● ASSIGNMENT
Check every line of the data below for the word "address". Copy the ones that have it.

══ SUPPLIED RECORDS ══

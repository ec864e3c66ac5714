-- ===== src/Cpuid/Active.antt =====
-- protocol/cpuid.rs: the identity of the process, one atomic word that threads update by loops of a
-- load and a strong exchange. A list holds what the other threads do to the word between the load and
-- the exchange of each round; behind its end they leave the word alone, and the exchange succeeds.
pub mod Updates
use linuwux_runtime.Base.{
  ℕ, ◌≡◌, refl, Bool, true, false, Option, List, [], ◌∷◌, arith, ◌==◌, if◌then◌else◌, ◌||◌,
  Bool-cases, inl, inr, ap, sym, ◌∙◌,
}
use linuwux_runtime.Cpuid.Identity.{
  Registers, Vendor, unknown, CpuPresentation, denuvo, legacy, CpuIdentity, denuvo_identity,
  with_presentation, encode, decode, decode-encode,
}
use linuwux_runtime.Cpuid.Replies.{fixed_reply}

abbrev pub new : ℕ
new = encode (denuvo_identity unknown false)

abbrev pub load : ℕ → CpuIdentity
load raw = decode raw

unfoldable pub configured : Vendor → Bool → ℕ → ℕ
configured v avx current =
    encode (with_presentation (denuvo_identity v avx) (decode current).presentation)

unfoldable pub configure_host : List (ℕ → ℕ) → Vendor → Bool → ℕ → ℕ
configure_host [] v avx current = configured v avx current
configure_host (others ∷ rounds) v avx current =
    let rest = configure_host rounds v avx (others current) in
    if others current == current then configured v avx current else rest

unfoldable pub legacy_of : ℕ → ℕ
legacy_of current = encode (with_presentation (decode current) legacy)

unfoldable pub select_legacy_presentation : List (ℕ → ℕ) → ℕ → ℕ
select_legacy_presentation [] current = legacy_of current
select_legacy_presentation (others ∷ rounds) current =
    let rest = select_legacy_presentation rounds (others current) in
    if others current == current then legacy_of current else rest

unfoldable pub fixed_reply_of : ℕ → ℕ → Option Registers
fixed_reply_of raw leaf = fixed_reply (load raw) leaf
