-- ===== src/Cpuid/Active/Updates.antt =====
-- The configuration of the host and the other updates of the identity, whatever other threads do between a
-- load and an exchange.
use linuwux_runtime.Base.{
  ℕ, ◌≡◌, refl, ap, sym, ◌∙◌, Bool, Bool-cases, inl, inr, List, [], ◌∷◌, ◌++◌, map, ◌==◌,
  if◌then◌else◌, arith,
}
use linuwux_runtime.Cpuid.Identity.{
  Vendor, CpuPresentation, legacy, CpuIdentity, denuvo_identity, with_presentation, decode,
  decode-encode,
}
use linuwux_runtime.Cpuid.Active.{configured, configure_host, legacy_of}

-- What another thread does to the word.
pub data Update : Type 0 where
  configures : (v : Vendor) (avx : Bool) → Update
  selects : Update

unfoldable pub applied : List Update → ℕ → ℕ
applied [] raw = raw
applied (configures v avx ∷ us) raw = applied us (configured v avx raw)
applied (selects ∷ us) raw = applied us (legacy_of raw)

-- The presentation behind some updates: the first one, until one selects the legacy one.
abbrev pub presented : List Update → CpuPresentation → CpuPresentation
presented [] p = p
presented (configures v avx ∷ us) p = presented us p
presented (selects ∷ us) p = presented us legacy

-- The updates of the rounds up to and with the first one that leaves the word as it was, in turn.
abbrev pub until_still : List (List Update) → ℕ → List Update
until_still [] raw = []
until_still (us ∷ rounds) raw =
    us ++ (if applied us raw == raw then [] else until_still rounds (applied us raw))

decode-configured :
    (v : Vendor) (avx : Bool) (raw : ℕ)
    → decode (configured v avx raw)
      ≡ with_presentation (denuvo_identity v avx) (decode raw).presentation
unfolding configured
decode-configured v avx raw = decode-encode _

decode-legacy_of : (raw : ℕ) → decode (legacy_of raw) ≡ with_presentation (decode raw) legacy
unfolding legacy_of
decode-legacy_of raw = decode-encode _

applied-presented :
    (us : List Update) (raw : ℕ)
    → (decode (applied us raw)).presentation ≡ presented us (decode raw).presentation
unfolding applied with_presentation
applied-presented [] raw = refl
applied-presented (configures v avx ∷ us) raw =
    applied-presented us (configured v avx raw)
    ∙ ap (λ (id : CpuIdentity). presented us id.presentation) (decode-configured v avx raw)
applied-presented (selects ∷ us) raw =
    applied-presented us (legacy_of raw)
    ∙ ap (λ (id : CpuIdentity). presented us id.presentation) (decode-legacy_of raw)

presented-append :
    (us vs : List Update) (p : CpuPresentation)
    → presented (us ++ vs) p ≡ presented vs (presented us p)
presented-append [] vs p = refl
presented-append (configures v avx ∷ us) vs p = presented-append us vs p
presented-append (selects ∷ us) vs p = presented-append us vs legacy

-- The host as it was configured, with a presentation.
abbrev pub host_with : Vendor → Bool → CpuPresentation → CpuIdentity
host_with v avx p = with_presentation (denuvo_identity v avx) p

-- The loop leaves the host as it was configured, and loses no selection of the legacy presentation: the
-- word at the first load is any one, other threads configure and select between the load and the exchange
-- of each round, and the presentation at the end is the one behind all that they did up to and with the
-- first round that leaves the word as it was, in which the exchange succeeds.
pub configure_host-presented :
    (v : Vendor) (avx : Bool) (rounds : List (List Update)) (raw : ℕ)
    → decode (configure_host (map applied rounds) v avx raw)
      ≡ host_with v avx (presented (until_still rounds raw) (decode raw).presentation)
unfolding configure_host
configure_host-presented v avx [] raw = decode-configured v avx raw
configure_host-presented v avx (us ∷ rounds) raw = elim (Bool-cases (applied us raw == raw)) [
  | inl same ↦
      let is_same : applied us raw ≡ raw = ground (arith, same) in
      let kept : (decode raw).presentation ≡ presented us (decode raw).presentation =
        ap (λ (w : ℕ). (decode w).presentation) (sym is_same) ∙ applied-presented us raw in
      rw (same) (
        decode-configured v avx raw
        ∙ ap (λ p. host_with v avx p)
            (kept ∙ sym (presented-append us [] (decode raw).presentation)))
  | inr other ↦
      let later = until_still rounds (applied us raw) in
      rw (other) (
        configure_host-presented v avx rounds (applied us raw)
        ∙ ap (λ p. host_with v avx p)
            (ap (λ p. presented later p) (applied-presented us raw)
              ∙ sym (presented-append us later (decode raw).presentation)))
]
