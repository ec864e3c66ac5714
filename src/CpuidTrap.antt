-- ===== src/CpuidTrap.antt =====
-- runtime/src/cpuid.rs: the SIGSEGV handler of CPUID faults.
pub mod Caches
pub mod Callers
pub mod Replies
pub mod Handler
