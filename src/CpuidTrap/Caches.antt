-- ===== src/CpuidTrap/Caches.antt =====
-- The two caches of runtime/src/cpuid.rs. A call runs to its end before the next one, so that a lock is
-- held, and a sequence odd, only where a signal has come within a call on the same thread.
pub mod NativeCache
use linuwux_runtime.Base.{
  ℕ, zero, suc, ◌+◌, ◌*◌, ◌%◌, ◌^◌, Bool, true, false, not, ◌&&◌, ◌||◌, Option, none, some, ◌==◌,
  ltb, leb, if◌then◌else◌, u32_mod,
}

abbrev pub caller_cache_cap : ℕ
caller_cache_cap = 64

pub data CallerKind : Type 0 where
  ordinary : CallerKind
  reflex64 : CallerKind
  artifact : CallerKind

unfoldable pub kind_from_raw : ℕ → CallerKind
kind_from_raw value = if value == 1 then reflex64 else if value == 2 then artifact else ordinary

-- `kind as u32`
unfoldable pub kind_code : CallerKind → ℕ
kind_code ordinary = 0
kind_code reflex64 = 1
kind_code artifact = 2

pub record Range : Type 0 where
  pub sequence : ℕ
  pub start : ℕ
  pub end : ℕ
  pub kind : ℕ

pub record CallerCache : Type 0 where
  pub locked : Bool
  pub next : ℕ
  pub ranges : ℕ → Range

abbrev pub new_callers : CallerCache
new_callers = record {
  locked = false;
  next = 0;
  ranges = λ i. record { sequence = 0; start = 0; end = 0; kind = 0 };
}

abbrev pub covers : Range → ℕ → Bool
covers r address = (r.sequence % 2 == 0) && leb r.start address && ltb address r.end

-- The search of `n` entries from an index on.
unfoldable pub lookup_from : ℕ → ℕ → CallerCache → ℕ → Option CallerKind
lookup_from zero index c address = none
lookup_from (suc n) index c address =
    let rest = lookup_from n (index + 1) c address in
    if covers (c.ranges index) address then some (kind_from_raw (c.ranges index).kind) else rest

unfoldable pub lookup_caller : CallerCache → ℕ → Option CallerKind
lookup_caller c address = lookup_from caller_cache_cap 0 c address

unfoldable pub insert_caller : CallerCache → ℕ → ℕ → CallerKind → CallerCache
insert_caller c start end kind =
    if c.locked
    then c
    else let index = c.next % caller_cache_cap in
      let filled : Range = record {
        sequence = ((c.ranges index).sequence + 2) % u32_mod;
        start = start;
        end = end;
        kind = kind_code kind;
      } in
      record c { next = index + 1; ranges = λ i. if index == i then filled else c.ranges i }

═══

● PROBLEM SOLUTION
covers r address = (r.sequence % 2 == 0) && leb r.start address && ltb address r.end
lookup_from zero index c address = none
lookup_from (suc n) index c address =
    let rest = lookup_from n (index + 1) c address in
    if covers (c.ranges index) address then some (kind_from_raw (c.ranges index).kind) else rest
lookup_caller c address = lookup_from caller_cache_cap 0 c address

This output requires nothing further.